**Task inputs:**

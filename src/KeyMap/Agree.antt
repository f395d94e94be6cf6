-- ===== src/KeyMap/Agree.antt =====
-- Two maps that return the same values hold the same entries.
use mathlib.Core.List.{Perm}
use mathlib.Core.List.Perm
use inu.Base.{◌≡◌, refl, ◌∙◌, [], ◌∷◌, none, some, inl, inr, Bool-cases, arith, if◌then◌else◌}
use inu.Key.{Key, key_eq}
use inu.Key.Number.{key_eq_iff, key_eq_refl}
use inu.KeyMap.{KeyMap, lookup, delete, Distinct}
use inu.KeyMap.Laws.{lookup-delete, delete-Distinct}

module _ {ℓ} {V : Type ℓ} where
  delete-perm :
      (k : Key) (v : V) (m : KeyMap V) → lookup k m ≡ some v → Perm m ((k, v) ∷ delete k m)
  unfolding lookup delete
  delete-perm k v [] h = cc
  delete-perm k v ((j, w) ∷ m) h = elim (Bool-cases (key_eq j k)) [
    | inl hit ↦ rw hit (ground (arith, key_eq_iff j k, Perm.refl ((j, w) ∷ m)))
    | inr miss ↦ rw miss (
        Perm.trans (Perm.cons (j, w) (delete-perm k v m (ground arith)))
          (Perm.swap (k, v) (j, w) _))
  ]

  -- A map in which every lookup fails is empty.
  none-nil : (l : KeyMap V) → ((k : Key) → lookup k l ≡ none) → l ≡ []
  unfolding lookup
  none-nil [] h = refl
  none-nil ((k, v) ∷ l) h = absurd (ground (arith, h k, key_eq_refl k))

  pub agree-perm :
      (l m : KeyMap V) → Distinct l → Distinct m → ((k : Key) → lookup k l ≡ lookup k m) → Perm l m
  agree-perm l [] dl dm h = rw (none-nil l (λ k. h k ∙ (unfold lookup in refl))) Perm.nil
  agree-perm l ((k, v) ∷ m) dl dm h = Perm.trans (delete-perm k v l (h k ∙ head)) (
      Perm.cons (k, v)
        (agree-perm (delete k l) m (delete-Distinct k l dl) dm.1
          λ j. lookup-delete k j l dl ∙ rest j))
    where
      head : lookup k ((k, v) ∷ m) ≡ some v
      head = unfold lookup in rw (key_eq_refl k)

      rest : (j : Key) → (if key_eq k j then none else lookup j l) ≡ lookup j m
      rest j = unfold lookup in ground (arith, key_eq_iff k j, h j, dm.0)
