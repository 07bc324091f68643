-- ===== src/Net/Loop.antt =====
-- `EventLoop`, `accept_event`, `recv_event`, `recv_task` and `Buffer_Deal` as a step relation: the event
-- loop's thread, the pool's threads and the kernel in any interleaving. A pointer to a `myevent_s` is its
-- address, which `new` may give again after `delete`. The kernel knows for each open descriptor the
-- event structure that was made for it and what epoll does with it; a descriptor that `accept` returns
-- was not open. epoll reports data on an armed descriptor, and disarms it if that was asked for; a
-- report without EPOLLIN is not modelled. A registration fails if the kernel lacks the resources for it;
-- the code only prints that. A step may come late or never: `Producer_add` waits while the pool's queue
-- is full, and a queued task for a free thread of the pool. So what holds in every state that is reached
-- holds of the program, and that a step is possible here does not say that the program comes to it.
pub mod Life
pub mod Descriptors
pub mod OneShot
pub mod Calls
pub mod Exclusive
pub mod Reuse
use nest_disk.Base.{
  ℕ, zero, suc, ◌+◌, ◌-◌, ◌*◌, ◌/◌, ◌%◌, ◌^◌, ◌≡◌, ◌≢◌, ℤ, eq_ℤ, Text, Bool, false, ◌==◌, ◌||◌,
  Option, none, some, List, [], ◌∷◌, ◌++◌, length, if◌then◌else◌,
}
use nest_disk.MyMap.{MyMap, find, insert, erase}
use nest_disk.Net.Event.{Event, Ctl, ctl_add, ctl_mod, ctl_del, eventset, eventadd, eventdel}
use nest_disk.Net.Frame.{Received, hung_up, delivered, recv_task}

-- EPOLLIN, EPOLLONESHOT, and the events of a connection.
abbrev pub epollin : ℕ
epollin = 1

abbrev pub epolloneshot : ℕ
epolloneshot = 2 ^ 30

abbrev pub client_events : ℕ
client_events = epollin + epolloneshot

-- What epoll does with a descriptor.
pub data Watch : Type 0 where
  unwatched : Watch
  armed disarmed : ℕ → Watch

-- An open descriptor, with the address of the event structure that was made for it.
pub record Sock : Type 0 where
  pub owner : ℤ
  pub watch : Watch

-- `epoll_ctl`; a call that fails changes nothing.
unfoldable pub epoll_ctl : Ctl → Watch → Watch
epoll_ctl (ctl_add e) unwatched = armed e
epoll_ctl (ctl_add e) w = w
epoll_ctl (ctl_mod e) unwatched = unwatched
epoll_ctl (ctl_mod e) w = armed e
epoll_ctl ctl_del w = unwatched

abbrev pub newest : List Ctl → Watch → Watch
newest [] w = w
newest (c ∷ cs) w = epoll_ctl c w

-- The effect of the call that the event structure made between two of its states, if it made one and
-- the kernel does not lack the resources for it.
unfoldable pub called : Bool → Event → Event → Watch → Watch
called lacks old new w =
    if lacks || length new.calls == length old.calls then w else newest new.calls w

-- A report on an armed descriptor.
unfoldable pub reported_watch : ℕ → Watch
reported_watch e = if e / epolloneshot % 2 == 1 then disarmed e else armed e

-- Where the event structure of a connection is in use: in the array that `epoll_wait` filled, in the
-- pool's queue, in `recv_task` before its loop has ended, and behind each of the calls that follow,
-- `Producer_add`, or else `eventdel`, `close` and `erase`.
pub data Phase : Type 0 where
  reported queued receiving handed_over unlisted closed erased : Phase

-- `DataBuffer`.
pub record DataBuffer : Type 0 where
  pub sockfd : ℤ
  pub buf : Text

pub record Net : Type 0 where
  pub listenfd : ℤ
  pub epoll_fd : ℤ
  -- The event structures that have been made and not deleted.
  pub heap : MyMap Event
  -- `m_mapSockfdToEvent`.
  pub map_sockfd_to_event : MyMap ℤ
  pub tasks : List (ℤ × Phase)
  pub buffers : List DataBuffer
  pub socks : MyMap Sock

unfoldable pub start : ℤ → ℤ → Net
start listenfd epoll_fd = record {
  listenfd = listenfd;
  epoll_fd = epoll_fd;
  heap = [];
  map_sockfd_to_event = [];
  tasks = [];
  buffers = [];
  socks = [];
}

unfoldable pub new_event : ℤ → ℤ → Event
new_event fd efd = eventadd (eventset fd efd) client_events

-- `accept_event`, with the result of `accept`, the address of the new event structure, and whether its
-- registration fails.
unfoldable pub accept_event : Option ℤ → ℤ → Bool → Net → Net
accept_event none p lacks s = s
accept_event (some fd) p lacks s =
    let ev = new_event fd s.epoll_fd in
    record s {
      heap = insert p ev s.heap;
      map_sockfd_to_event = insert fd p s.map_sockfd_to_event;
      socks =
          insert fd
            (record { owner = p; watch = called lacks (eventset fd s.epoll_fd) ev unwatched })
            s.socks;
    }

-- What the event loop does with a report that has EPOLLIN.
pub data Turn : Type 0 where
  accepts receives : Turn

unfoldable pub turn : Net → Event → Turn
turn s ev = if eq_ℤ ev.fd s.listenfd then accepts else receives

-- The changes of one event structure and of its descriptor, behind those of its task.
abbrev pub with_event : ℤ → Event → Sock → List (ℤ × Phase) → Net → Net
with_event p ev k tasks s = record s {
  heap = insert p ev s.heap;
  tasks = tasks;
  socks = insert ev.fd k s.socks;
}

unfoldable pub hand_over : Event → Text → List (ℤ × Phase) → Net → Net
hand_over ev payload tasks s = record s {
  tasks = tasks;
  buffers = s.buffers ++ (record { sockfd = ev.fd; buf = payload } ∷ []);
}

-- `ev->eventadd(ev->events)`.
unfoldable pub rearm : ℤ → Event → Sock → Bool → List (ℤ × Phase) → Net → Net
rearm p ev k lacks tasks s =
    let new = eventadd ev ev.events in
    with_event p new (record k { watch = called lacks ev new k.watch }) tasks s

-- `ev->eventdel()`.
unfoldable pub unlist : ℤ → Event → Sock → List (ℤ × Phase) → Net → Net
unlist p ev k tasks s =
    with_event p (eventdel ev) (record k { watch = called false ev (eventdel ev) k.watch }) tasks s

abbrev pub close_fd : Event → List (ℤ × Phase) → Net → Net
close_fd ev tasks s = record s { tasks = tasks; socks = erase ev.fd s.socks }

abbrev pub erase_fd : Event → List (ℤ × Phase) → Net → Net
erase_fd ev tasks s = record s {
  tasks = tasks;
  map_sockfd_to_event = erase ev.fd s.map_sockfd_to_event;
}

abbrev pub delete_event : ℤ → List (ℤ × Phase) → Net → Net
delete_event p tasks s = record s { heap = erase p s.heap; tasks = tasks }

pub data Step (s : Net) : Net → Type 0 where
  accept_fails : (p : ℤ) → Step s (accept_event none p false s)
  accept :
      (fd p : ℤ) (lacks : Bool)
      → find fd s.socks ≡ none
      → fd ≢ s.listenfd
      → find p s.heap ≡ none
      → Step s (accept_event (some fd) p lacks s)
  report :
      (fd p : ℤ) (e : ℕ)
      → find fd s.socks ≡ some (record { owner = p; watch = armed e })
      → Step s (record s {
        tasks = (p, reported) ∷ s.tasks;
        socks = insert fd (record { owner = p; watch = reported_watch e }) s.socks;
      })
  -- `recv_event`.
  receive :
      (p : ℤ) (ev : Event) (before after : List (ℤ × Phase))
      → s.tasks ≡ before ++ ((p, reported) ∷ after)
      → find p s.heap ≡ some ev
      → turn s ev ≡ receives
      → Step s (record s { tasks = before ++ ((p, queued) ∷ after) })
  begin :
      (p : ℤ) (before after : List (ℤ × Phase))
      → s.tasks ≡ before ++ ((p, queued) ∷ after)
      → Step s (record s { tasks = before ++ ((p, receiving) ∷ after) })
  -- The loop of `recv_task` is left with a buffer.
  produce :
      (p : ℤ) (ev : Event) (payload : Text) (results rest : List Text)
      (before after : List (ℤ × Phase))
      → s.tasks ≡ before ++ ((p, receiving) ∷ after)
      → find p s.heap ≡ some ev
      → recv_task results ≡ delivered payload rest
      → Step s (hand_over ev payload (before ++ ((p, handed_over) ∷ after)) s)
  register :
      (p : ℤ) (ev : Event) (k : Sock) (lacks : Bool) (before after : List (ℤ × Phase))
      → s.tasks ≡ before ++ ((p, handed_over) ∷ after)
      → find p s.heap ≡ some ev
      → find ev.fd s.socks ≡ some k
      → Step s (rearm p ev k lacks (before ++ after) s)
  -- The header could not be read.
  hang_up :
      (p : ℤ) (ev : Event) (k : Sock) (results : List Text) (before after : List (ℤ × Phase))
      → s.tasks ≡ before ++ ((p, receiving) ∷ after)
      → find p s.heap ≡ some ev
      → find ev.fd s.socks ≡ some k
      → recv_task results ≡ hung_up
      → Step s (unlist p ev k (before ++ ((p, unlisted) ∷ after)) s)
  close :
      (p : ℤ) (ev : Event) (before after : List (ℤ × Phase))
      → s.tasks ≡ before ++ ((p, unlisted) ∷ after)
      → find p s.heap ≡ some ev
      → Step s (close_fd ev (before ++ ((p, closed) ∷ after)) s)
  forget :
      (p : ℤ) (ev : Event) (before after : List (ℤ × Phase))
      → s.tasks ≡ before ++ ((p, closed) ∷ after)
      → find p s.heap ≡ some ev
      → Step s (erase_fd ev (before ++ ((p, erased) ∷ after)) s)
  free :
      (p : ℤ) (before after : List (ℤ × Phase))
      → s.tasks ≡ before ++ ((p, erased) ∷ after)
      → Step s (delete_event p (before ++ after) s)
  -- `Buffer_Deal` has called the handler and freed the buffer.
  deal :
      (b : DataBuffer) (before after : List DataBuffer)
      → s.buffers ≡ before ++ (b ∷ after)
      → Step s (record s { buffers = before ++ after })

pub data Reach (s : Net) : Net → Type 0 where
  here : Reach s s
  next : {t u : Net} → Reach s t → Step t u → Reach s u
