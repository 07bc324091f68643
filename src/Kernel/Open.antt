-- ===== src/Kernel/Open.antt =====
-- src/main.cpp, src/TCPKernel.cpp: `Open`; src/block_epoll_net.cpp: `InitNet` and `InitThreadPool`;
-- src/err_str.cpp. What the calls of the system return is a parameter: each is made once.
pub mod Started
use nest_disk.Base.{
  ℕ, ℤ, pos, negsuc, eq_ℤ, eq_ℤ_iff, ◌≡◌, ◌≢◌, ◌↔◌, refl, sym, subst, ap, ◌∙◌, Text, codes, Bool,
  true, false, not, Option, none, some, List, [], ◌∷◌, arith, if◌then◌else◌,
}
use nest_disk.Net.Event.{Event, eventset, eventadd}
use nest_disk.Net.Loop.{Net, start, epollin}
use nest_disk.Kernel.{Table, empty_table, set_net_pack_map}
use nest_disk.Packet.{def_pack_count}

-- MAX_EVENTS, and the sizes of the thread pool.
abbrev pub max_events : ℕ
max_events = 4096

-- The calls of start-up, in the order of the code.
pub data Call : Type 0 where
  seeded mysql_inited lock_made disconnected socket_made : Call
  charset_set : Text → Call
  connected : Text → Text → Text → Text → Call
  pool_created : ℕ → ℕ → ℕ → Call
  reuse_set non_block_set : ℤ → Call
  bound : ℤ → ℤ → Call
  listened : ℤ → ℕ → Call
  closed : ℤ → Call
  epoll_made : ℕ → Call

-- Whether MySQL can be connected, whether the threads of the pool can be started, and what the calls
-- for the listening socket return.
pub record Os : Type 0 where
  pub mysql_connects : Bool
  pub threads_start : Bool
  pub socket : ℤ
  pub setsockopt : ℤ
  pub bind : ℤ
  pub listen : ℤ
  pub epoll_create : ℤ

-- The kernel's members, with the calls that were made, newest first; a null pointer is `none`.
pub record TcpKernel : Type 0 where
  pub calls : List Call
  pub m_tcp : Option Net
  pub listen_ev : Option Event
  pub m_net_pack_map : Table

abbrev pub log : Call → TcpKernel → TcpKernel
log c k = record k { calls = c ∷ k.calls }

-- A function that returns, or ends the process.
pub data Booted : Type 0 where
  exits : ℤ → TcpKernel → Booted
  returns : Bool → TcpKernel → Booted

abbrev pub and_then : Booted → (TcpKernel → Booted) → Booted
and_then (exits e k) f = exits e k
and_then (returns b k) f = f k

-- `InitThreadPool`.
pub init_thread_pool : Os → TcpKernel → Booted
init_thread_pool os k =
    let k1 = log (pool_created 200 10 50000) k in
    if os.threads_start then returns true k1 else exits (negsuc 0) k1

-- epoll and the event of the listening socket.
pub watch_listener : Os → TcpKernel → Booted
watch_listener os k = returns true (record k {
  calls = epoll_made max_events ∷ k.calls;
  m_tcp = some (start os.socket os.epoll_create);
  listen_ev = some (eventadd (eventset os.socket os.epoll_create) epollin);
})

pub listen_on : Os → TcpKernel → Booted
listen_on os k =
    let k1 = log (listened os.socket 128) k in
    if eq_ℤ os.listen (negsuc 0)
    then returns false (log (closed os.socket) k1)
    else watch_listener os k1

pub bind_to : Os → ℤ → TcpKernel → Booted
bind_to os port k =
    let k1 = log (bound os.socket port) k in
    if eq_ℤ os.bind (negsuc 0) then returns false (log (closed os.socket) k1) else listen_on os k1

-- The socket stays open when `setsockopt` fails.
pub make_socket : Os → ℤ → TcpKernel → Booted
make_socket os port k =
    let k1 = log socket_made k in
    if eq_ℤ os.socket (negsuc 0)
    then returns false k1
    else if eq_ℤ os.setsockopt (negsuc 0)
    then returns false (log (reuse_set os.socket) k1)
    else bind_to os port (log (non_block_set os.socket) (log (reuse_set os.socket) k1))

pub init_net : Os → ℤ → TcpKernel → Booted
init_net os port k = and_then (init_thread_pool os k) (make_socket os port)

-- `err_str` behind a failed `InitNet`, and the table behind one that succeeded.
pub finish_open : Booted → Booted
finish_open (exits e k) = exits e k
finish_open (returns true k) = returns true (record k { m_net_pack_map = set_net_pack_map })
finish_open (returns false k) = exits (negsuc 0) k

-- `initRand`.
pub init_rand : TcpKernel → TcpKernel
init_rand k = log seeded k

-- `CMysql::ConnectMysql`: the lock of the connection is made behind a connection only.
pub connect_mysql : Os → Text → Text → Text → Text → TcpKernel → Bool × TcpKernel
connect_mysql os server user password database k =
    let k1 = record k {
      calls =
          connected server user password database
          ∷ charset_set (codes "utf8")
          ∷ mysql_inited
          ∷ k.calls;
    } in
    if not os.mysql_connects then (false, k1) else (true, log lock_made k1)

-- `_DEF_DB_IP`, `_DEF_DB_USER`, `_DEF_DB_PWD` and `_DEF_DB_NAME`.
abbrev pub db_ip : Text
db_ip = codes "localhost"

abbrev pub db_user : Text
db_user = codes "root"

abbrev pub db_pwd : Text
db_pwd = codes "026207"

abbrev pub db_name : Text
db_name = codes "NetDisk"

pub kernel_open : Os → ℤ → TcpKernel → Booted
unfolding init_rand connect_mysql
kernel_open os port k =
    let (connects, k1) = connect_mysql os db_ip db_user db_pwd db_name (init_rand k) in
    if connects then finish_open (init_net os port k1) else returns false k1

-- `Close` and `CMysql::DisConnect`. `main` calls `Close` behind the event loop, which does not end.
pub dis_connect : TcpKernel → TcpKernel
dis_connect k = log disconnected k

pub kernel_close : TcpKernel → TcpKernel
unfolding dis_connect
kernel_close k = dis_connect k

-- How the program goes on: it ends, it enters the event loop, or it calls that of a null pointer.
pub data Run : Type 0 where
  ends : ℤ → Run
  loops : Net → Table → Run
  null_net : Run

abbrev pub enter : TcpKernel → Option Net → Run
enter k none = null_net
enter k (some net) = loops net k.m_net_pack_map

-- `main` does not look at the result of `Open`.
pub event_loop : Booted → Run
event_loop (exits e k) = ends e
event_loop (returns b k) = enter k k.m_tcp

-- The static instance, all members zero.
pub get_instance : TcpKernel
unfolding empty_table
get_instance = record {
  calls = [];
  m_tcp = none;
  listen_ev = none;
  m_net_pack_map = empty_table def_pack_count;
}

pub main : Os → ℤ → Run
main os port = event_loop (kernel_open os port get_instance)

**What you will do:** In the entries above, find the line holding "closed) ∷ after)) s)" and the line holding "p (before ++ after) s)"; print both of them and every line between, exactly, and nothing else.

**Result below:**
      → Step s (close_fd ev (before ++ ((p, closed) ∷ after)) s)
  forget :
      (p : ℤ) (ev : Event) (before after : List (ℤ × Phase))
      → s.tasks ≡ before ++ ((p, closed) ∷ after)
      → find p s.heap ≡ some ev
      → Step s (erase_fd ev (before ++ ((p, erased) ∷ after)) s)
  free :
      (p : ℤ) (before after : List (ℤ × Phase))
      → s.tasks ≡ before ++ ((p, erased) ∷ after)
      → Step s (delete_event p (before ++ after) s)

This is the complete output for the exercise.